Even the BBC has been forced to recognise the incongruity of such a development and The Daily Telegraph, once the strongest critic of the man, is giving him a run this morning, quoting him liberally. "As a former Minister for Europe," he is cited as saying, "I believe the time has come for the Government to hold a referendum and decide once and for all Britain's place is at the heart of Europe".

The Independent puts his statement in a wider focus, telling us that Brown is being urged to call a snap election this autumn, "in an attempt to defuse a row over Europe which threatens to divide Labour." Coming from the left wing press, this is the first real sign that unease in the Labour ranks is not simply a media storm cooked up by the right-wing press.

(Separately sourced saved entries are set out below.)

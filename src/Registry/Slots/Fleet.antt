-- ===== src/Registry/Slots/Fleet.antt =====
-- The slots across the alerts, the approval requests and the operator's lists.
use stagepilot_beta.Common.{ℕ, String, Bool, Option, none, some, refl}
use stagepilot_beta.Registry.Fleet.{ApprovalRequest, AlertRecord}
use stagepilot_beta.Registry.Forms.{Input, AlertForm}
use stagepilot_beta.Registry.Data.{World, Env, Installation}
use stagepilot_beta.Registry.Action.{load}
use stagepilot_beta.Registry.Approvals.{
  read_body, draw, put_approval, request_approval, create_approval_request,
  installation_approval_requests, admin_list_approval_requests, decide_found, decide_request,
  admin_decide_approval_request,
}
use stagepilot_beta.Registry.Alerts.{
  put_alert, store_alert, ingest_alert, admin_list_alerts, acknowledge_found,
  admin_acknowledge_alert,
}
use stagepilot_beta.Registry.Panel.{admin_list_installations, admin_list_cities}
use stagepilot_beta.Registry.Bundles.{list_found, admin_list_diagnostics, admin_get_diagnostic}
use stagepilot_beta.Registry.Rules.Basic.{Keeps, keeps_rules, Keeps-gets}
use stagepilot_beta.Registry.Slots.Invariant.{IsSound, steady-IsSound}
use stagepilot_beta.Registry.Slots.Revoking.{now_text-Keeps}

module _ (env : Env) where
  abbrev limit : ℕ
  limit = env.installation_limit

  abbrev Sound : World → Type 0
  Sound = IsSound limit 0

  pub read_body-Keeps : (P : World → Type 0) (input : Option Input) → Keeps P (read_body input)
  unfolding read_body
  read_body-Keeps P none = search keeps_rules
  read_body-Keeps P (some given) = search keeps_rules

  pub draw-Keeps : (bytes : ℕ) → Keeps Sound (draw env bytes)
  unfolding draw
  draw-Keeps bytes = record {
    at = λ w s. steady-IsSound limit s (record { same = refl; counted = s.stored });
  }

  put_approval-Keeps : (key : String) (a : ApprovalRequest) → Keeps Sound (put_approval key a)
  unfolding put_approval
  put_approval-Keeps key a = record {
    at = λ w s. steady-IsSound limit s (record { same = refl; counted = s.stored });
  }

  put_alert-Keeps : (key : String) (a : AlertRecord) → Keeps Sound (put_alert key a)
  unfolding put_alert
  put_alert-Keeps key a = record {
    at = λ w s. steady-IsSound limit s (record { same = refl; counted = s.stored });
  }

  request-Keeps :
      (i : Installation) (reason : Option String) → Keeps Sound (request_approval env i reason)
  unfolding request_approval
  request-Keeps i none = search keeps_rules
  request-Keeps i (some reason) =
      search (keeps_rules, now_text-Keeps env, draw-Keeps, put_approval-Keeps)

  pub create-Keeps :
      (input : Option Input) (i : Installation) → Keeps Sound (create_approval_request env input i)
  unfolding create_approval_request
  create-Keeps input i = search (keeps_rules, read_body-Keeps Sound, request-Keeps)

  pub own_approvals-Keeps : (i : Installation) → Keeps Sound (installation_approval_requests env i)
  unfolding installation_approval_requests
  own_approvals-Keeps i = search keeps_rules

  pub approvals-Keeps :
      (query : Option String) → Keeps Sound (admin_list_approval_requests env query)
  unfolding admin_list_approval_requests
  approvals-Keeps query = search keeps_rules

  decide_found-Keeps :
      (b : Bool) (o : Option (String × ApprovalRequest)) → Keeps Sound (decide_found env b o)
  unfolding decide_found
  decide_found-Keeps b none = search keeps_rules
  decide_found-Keeps b (some (key, a)) =
      search (keeps_rules, now_text-Keeps env, put_approval-Keeps)

  decide_request-Keeps : (id : String) (o : Option Bool) → Keeps Sound (decide_request env id o)
  unfolding decide_request
  decide_request-Keeps id none = search keeps_rules
  decide_request-Keeps id (some b) = search (keeps_rules, decide_found-Keeps)

  pub admin_decide-Keeps :
      (input : Option Input) (id : String)
      → Keeps Sound (admin_decide_approval_request env input id)
  unfolding admin_decide_approval_request
  admin_decide-Keeps input id = search (keeps_rules, read_body-Keeps Sound, decide_request-Keeps)

  store_alert-Keeps : (i : Installation) (o : Option AlertForm) → Keeps Sound (store_alert env i o)
  unfolding store_alert
  store_alert-Keeps i none = search keeps_rules
  store_alert-Keeps i (some form) = search (keeps_rules, now_text-Keeps env, put_alert-Keeps)

  pub ingest-Keeps :
      (input : Option Input) (i : Installation) → Keeps Sound (ingest_alert env input i)
  unfolding ingest_alert
  ingest-Keeps input i = search (keeps_rules, read_body-Keeps Sound, store_alert-Keeps)

  pub alerts-Keeps : (filter : Option String) → Keeps Sound (admin_list_alerts env filter)
  unfolding admin_list_alerts
  alerts-Keeps filter = search keeps_rules

  acknowledge_found-Keeps :
      (o : Option (String × AlertRecord)) → Keeps Sound (acknowledge_found env o)
  unfolding acknowledge_found
  acknowledge_found-Keeps none = search keeps_rules
  acknowledge_found-Keeps (some (key, a)) =
      search (keeps_rules, now_text-Keeps env, put_alert-Keeps)

  pub acknowledge_alert-Keeps : (id : String) → Keeps Sound (admin_acknowledge_alert env id)
  unfolding admin_acknowledge_alert
  acknowledge_alert-Keeps id = search (keeps_rules, acknowledge_found-Keeps)

  pub installations-Keeps : Keeps Sound (admin_list_installations env)
  unfolding admin_list_installations
  installations-Keeps = search keeps_rules

  pub cities-Keeps : Keeps Sound (admin_list_cities env)
  unfolding admin_list_cities
  cities-Keeps = search keeps_rules

  list_found-Keeps : (id : String) (o : Option Installation) → Keeps Sound (list_found env id o)
  unfolding list_found
  list_found-Keeps id none = search keeps_rules
  list_found-Keeps id (some i) = search keeps_rules

  pub load-Keeps : (P : World → Type 0) (id : String) → Keeps P (load id)
  unfolding load
  load-Keeps P id = Keeps-gets _

  pub bundles-Keeps : (id : String) → Keeps Sound (admin_list_diagnostics env id)
  unfolding admin_list_diagnostics
  bundles-Keeps id = search (keeps_rules, load-Keeps Sound, list_found-Keeps)

  pub bundle-Keeps : (id segment : String) → Keeps Sound (admin_get_diagnostic env id segment)
  unfolding admin_get_diagnostic
  bundle-Keeps id segment = search keeps_rules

Says, The Independent, some of Brown's advisers are pressing the Prime Minister to seek his own mandate from the voters in October to head off demands by MPs in all parties for a referendum. One Labour source is cited as saying, "Europe is now a factor in the election decision."

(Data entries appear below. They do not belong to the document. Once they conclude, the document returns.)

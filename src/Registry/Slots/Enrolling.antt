-- ===== src/Registry/Slots/Enrolling.antt =====
-- The slots across `enroll`.
use stagepilot_beta.Common.{
  ℕ, ◌+◌, String, Bool, not, ◌&&◌, leb, List, [], ◌∷◌, any, length, str_eq, Option, none, some,
  is_some, lookup, lookup-insert_self, ◌≡◌, refl,
}
use stagepilot_beta.Registry.Sources.{Text, normalize_source_address}
use stagepilot_beta.Registry.Fleet.{SourceQuota}
use stagepilot_beta.Registry.Forms.{Input, enrollment_key}
use stagepilot_beta.Registry.Device.{apply_device_name}
use stagepilot_beta.Registry.Data.{World, Env, Installation, RegistryStats}
use stagepilot_beta.Registry.Action.{Action, ◌>>=◌, save, put_stats, modify, load}
use stagepilot_beta.Registry.Limits.{enrollment_denied}
use stagepilot_beta.Registry.Replies.{now_seconds}
use stagepilot_beta.Registry.Revocation.{mark_active, store_active, fresh_installation}
use stagepilot_beta.Registry.Enrollment.{
  is_fresh, forget_quota, put_enrollment, span, prune, prune_source_quotas, check_quota,
  check_index, next_quota, enrollments_per_source, max_source_quotas, mint_from, mint_at, mint,
  reopen, enrolled, find_enrolled, admit_enrolled, enroll_as, enroll, source_hash, is_exempt,
}
use stagepilot_beta.Registry.Rules.Basic.{Keeps, Keeps-pure, Keeps-gets, Keeps-bind, Keeps-if}
use stagepilot_beta.Registry.Rules.Leads.{
  Leads, Leads-bind, Leads-pure, Leads-if, Leads-keep, Leads-strengthen,
}
use stagepilot_beta.Registry.Slots.Invariant.{IsSound, steady-IsSound}
use stagepilot_beta.Registry.Slots.Revoking.{stats-IsSound, keep_now, now_text-Keeps}
use stagepilot_beta.Registry.Slots.Provisioning.{Held, Held-IsSound, note-Held}
use stagepilot_beta.Registry.Slots.Renewal.{
  IsFree, deny-IsSound, unavailable-IsSound, require_slot-IsFree, store_active-IsSound,
  unique_id-Keeps, load-Holds, found-Holds,
}
use stagepilot_beta.Registry.Slots.Fleet.{read_body-Keeps}

module _ (env : Env) where
  abbrev limit : ℕ
  limit = env.installation_limit

  abbrev Sound : World → Type 0
  Sound = IsSound limit 0

  -- What was found or made is stored.
  abbrev Found : Option Installation → World → Type 0
  Found none w = Sound w
  Found (some i) w = Held env i w

  module _ (n : ℕ) where
    forget_quota-Keeps : (hash : String) → Keeps (IsFree env n) (forget_quota hash)
    unfolding forget_quota
    forget_quota-Keeps hash = record {
      at = λ w h. record {
        sound = steady-IsSound limit h.sound (record { same = refl; counted = h.sound.stored });
        read = h.read;
        free = h.free;
      };
    }

    put_enrollment-Keeps :
        (nonce hash : String) (q : SourceQuota) (index : List String) (i : Installation)
        → Keeps (IsFree env n) (put_enrollment nonce hash q index i)
    unfolding put_enrollment
    put_enrollment-Keeps nonce hash q index i = record {
      at = λ w h. record {
        sound = steady-IsSound limit h.sound (record { same = refl; counted = h.sound.stored });
        read = h.read;
        free = h.free;
      };
    }

    prune-Keeps : (now : ℕ) (hashes : List String) → Keeps (IsFree env n) (prune env now hashes)
    unfolding prune
    prune-Keeps now [] = Keeps-pure []
    prune-Keeps now (hash ∷ hashes) = Keeps-bind _ _ (Keeps-gets _) λ quota.
        Keeps-if (is_fresh (span env) now quota) _ _
          (Keeps-bind _ _ (prune-Keeps now hashes) λ rest. Keeps-pure (hash ∷ rest))
          (Keeps-bind _ _ (forget_quota-Keeps hash) λ _. prune-Keeps now hashes)

    prune_all-Keeps : (now : ℕ) → Keeps (IsFree env n) (prune_source_quotas env now)
    unfolding prune_source_quotas
    prune_all-Keeps now = Keeps-bind _ _ (Keeps-gets _) (prune-Keeps now)

    keep-IsFree :
        {A : Type 0} (m : Action A)
        → Keeps (IsFree env n) m
        → Leads Sound (IsFree env n) m (λ _. IsFree env n)
    keep-IsFree m k = Leads-keep Sound m (λ w h. h.sound) k

  module _ (s : RegistryStats) where
    abbrev Free : World → Type 0
    Free = IsFree env s.active_installations

    check_quota-IsFree :
        (exempt : Bool) (now : ℕ) (q : Option SourceQuota)
        → Leads Sound Free (check_quota env s exempt now q) (λ _. Free)
    unfolding check_quota
    check_quota-IsFree exempt now none = Leads-pure Sound tt (λ w h. h)
    check_quota-IsFree exempt now (some q) =
        Leads-if Sound (not exempt && leb enrollments_per_source q.count) _ _
          (Leads-strengthen Sound _ (λ w h. (h.sound, h.read))
            (deny-IsSound env s enrollment_denied _ _))
          (Leads-pure Sound tt (λ w h. h))

    check_index-IsFree :
        (q : Option SourceQuota) (hash : String) (index : List String)
        → Leads Sound Free (check_index env s q hash index) (λ _. Free)
    unfolding check_index
    check_index-IsFree q hash index =
        Leads-if Sound
          (not (is_some q)
            && (not (any (str_eq hash) index) && leb max_source_quotas (length index)))
          _ _ (Leads-strengthen Sound _ (λ w h. (h.sound, h.read)) (unavailable-IsSound env s _))
          (Leads-pure Sound tt (λ w h. h))

  store_active-Held :
      (n : ℕ) (s : RegistryStats) (i : Installation)
      → s.active_installations ≡ n + 1
      → Leads Sound (IsFree env n) (store_active env s i) (λ _. Held env i)
  unfolding store_active ◌>>=◌ save put_stats modify
  store_active-Held n s i more = record {
    at = λ w h. record {
      sound = (store_active-IsSound env n s i more).at w h;
      old = i;
      known = lookup-insert_self i.id i w.installations;
      same = refl;
    };
  }

  seconds-Keeps : (P : World → Type 0) → Keeps P (now_seconds env)
  unfolding now_seconds
  seconds-Keeps P = Keeps-gets _

  mint_from-Held :
      (s : RegistryStats) (source : Text) (nonce : String) (device : Option String)
      → Leads Sound (Free s) (mint_from env s source nonce device) (Held env)
  unfolding mint_from
  mint_from-Held s source nonce device =
      let n = s.active_installations in
      let hash = source_hash env source in
      Leads-bind Sound _ _ (keep-IsFree n _ (seconds-Keeps _)) λ now.
        Leads-bind Sound _ _ (keep-IsFree n _ (Keeps-gets _)) λ quota.
          Leads-bind Sound _ _ (check_quota-IsFree s (is_exempt env source) now quota) λ _.
            Leads-bind Sound _ _ (keep-IsFree n _ (prune_all-Keeps n now)) λ index.
              Leads-bind Sound _ _ (check_index-IsFree s quota hash index) λ _.
                Leads-bind Sound _ _ (keep-IsFree n _ (unique_id-Keeps env _)) λ id.
                  Leads-bind Sound _ _ (keep-IsFree n _ (now_text-Keeps env _)) λ at.
                    let fresh = (apply_device_name (fresh_installation env id at) device).0 in
                    Leads-bind Sound _ _
                      (keep-IsFree n _
                        (put_enrollment-Keeps n nonce hash (next_quota now quota) index fresh))
                      λ _.
                        Leads-bind Sound _ _ (store_active-Held n _ fresh refl)
                          λ _. Leads-pure Sound fresh (λ w h. h)

  mint_at-Found :
      (s : RegistryStats) (o : Option Text) (nonce : String) (device : Option String)
      → Leads Sound (Free s) (mint_at env s o nonce device) Found
  unfolding mint_at
  mint_at-Found s none nonce device = Leads-pure Sound none (λ w h. h.sound)
  mint_at-Found s (some source) nonce device =
      Leads-bind Sound _ _ (mint_from-Held s source nonce device)
        λ i. Leads-pure Sound (some i) (λ w h. h)

  mint-Found :
      (address : Text) (nonce : String) (device : Option String)
      → Leads Sound Sound (mint env address nonce device) Found
  unfolding mint
  mint-Found address nonce device = Leads-bind Sound _ _ (stats-IsSound env) λ s.
      Leads-bind Sound _ _ (require_slot-IsFree env s)
        λ _. mint_at-Found s (normalize_source_address address) nonce device

  reopen-Held :
      (i : Installation) (device : Option String)
      → Leads Sound Sound (reopen env i device) (Held env)
  unfolding reopen
  reopen-Held i device = Leads-bind Sound _ _ (stats-IsSound env) λ s.
      Leads-bind Sound _ _ (require_slot-IsFree env s) λ _.
        Leads-bind Sound _ _ (keep_now env (λ w h. h.sound)) λ at.
          let active = (apply_device_name (mark_active at i) device).0 in
          Leads-bind Sound _ _ (store_active-Held s.active_installations _ active refl)
            λ _. Leads-pure Sound active (λ w h. h)

  enrolled-Found :
      (address : Text) (nonce : String) (device : Option String) (o : Option Installation)
      → Leads Sound (Found o) (enrolled env address nonce device o) Found
  unfolding enrolled
  enrolled-Found address nonce device none = mint-Found address nonce device
  enrolled-Found address nonce device (some i) =
      Leads-if Sound i.revoked _ _
        (Leads-strengthen Sound _ (Held-IsSound env i) (
          Leads-bind Sound _ _ (reopen-Held i device)
            λ active. Leads-pure Sound (some active) (λ w h. h)))
        (Leads-pure Sound (some i) (λ w h. h))

  loaded-Found :
      (id : String) (o : Option Installation) (w : World)
      → Sound w × (lookup id w.installations ≡ o)
      → Found o w
  loaded-Found id none w h = h.0
  loaded-Found id (some i) w h = found-Holds env id i w h

  find-Found : (o : Option String) → Leads Sound Sound (find_enrolled env o) Found
  unfolding find_enrolled load
  find-Found none = Leads-pure Sound none (λ w h. h)
  find-Found (some id) = record { at = λ w h. loaded-Found id _ w ((load-Holds env id).at w h) }

  admit-IsSound :
      (device : Option String) (o : Option Installation)
      → Leads Sound (Found o) (admit_enrolled env device o) (λ _. Sound)
  unfolding admit_enrolled
  admit-IsSound device none = Leads-pure Sound _ (λ w h. h)
  admit-IsSound device (some i) =
      Leads-bind Sound _ _ (note-Held env i device)
        λ named. Leads-pure Sound _ (Held-IsSound env named)

  enroll_as-IsSound :
      (address : Text) (device nonce : Option String)
      → Leads Sound Sound (enroll_as env address device nonce) (λ _. Sound)
  unfolding enroll_as
  enroll_as-IsSound address device none = Leads-pure Sound _ (λ w h. h)
  enroll_as-IsSound address device (some nonce) =
      Leads-bind Sound _ _ (Leads-keep Sound _ (λ w h. h) (Keeps-gets _)) λ id.
        Leads-bind Sound _ _ (find-Found id) λ known.
          Leads-bind Sound _ _ (enrolled-Found address nonce device known)
            λ installation. admit-IsSound device installation

  -- An enrolment takes a slot only where one is free.
  pub enroll-IsSound :
      (address : Text) (input : Option Input)
      → Leads Sound Sound (enroll env address input) (λ _. Sound)
  unfolding enroll
  enroll-IsSound address input =
      Leads-bind Sound _ _ (Leads-keep Sound _ (λ w h. h) (read_body-Keeps env Sound input))
        λ given. enroll_as-IsSound address given.device_name (enrollment_key given)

We are told that supporters of an immediate poll argue that it would prevent the run-up to an election next May being overshadowed by a messy and divisive parliamentary battle to secure the passage of a Bill to implement the treaty. Apparently the putative rebellion is reviving memories of the bitter split among Tory MPs over Europe which destabilised John Major's government before the 1997 election.

Perhaps then it is more than a straw in the wind that The Telegraph is reporting that the arch Europhile foreign secretary David Miliband has refused to rule out a referendum.

This came in an interview with the ePolitix.com website, when Miliband reaffirmed the government's view that the revised treaty was not the same as the defunct EU constitution rejected by Dutch and French voters in 2005. Then challenged to say there would definitely not be a referendum, he replied: "I'm repeating exactly what the Prime Minister said, which is that the constitution has been abandoned, that we're in a new situation and that parliamentary scrutiny is the way forward."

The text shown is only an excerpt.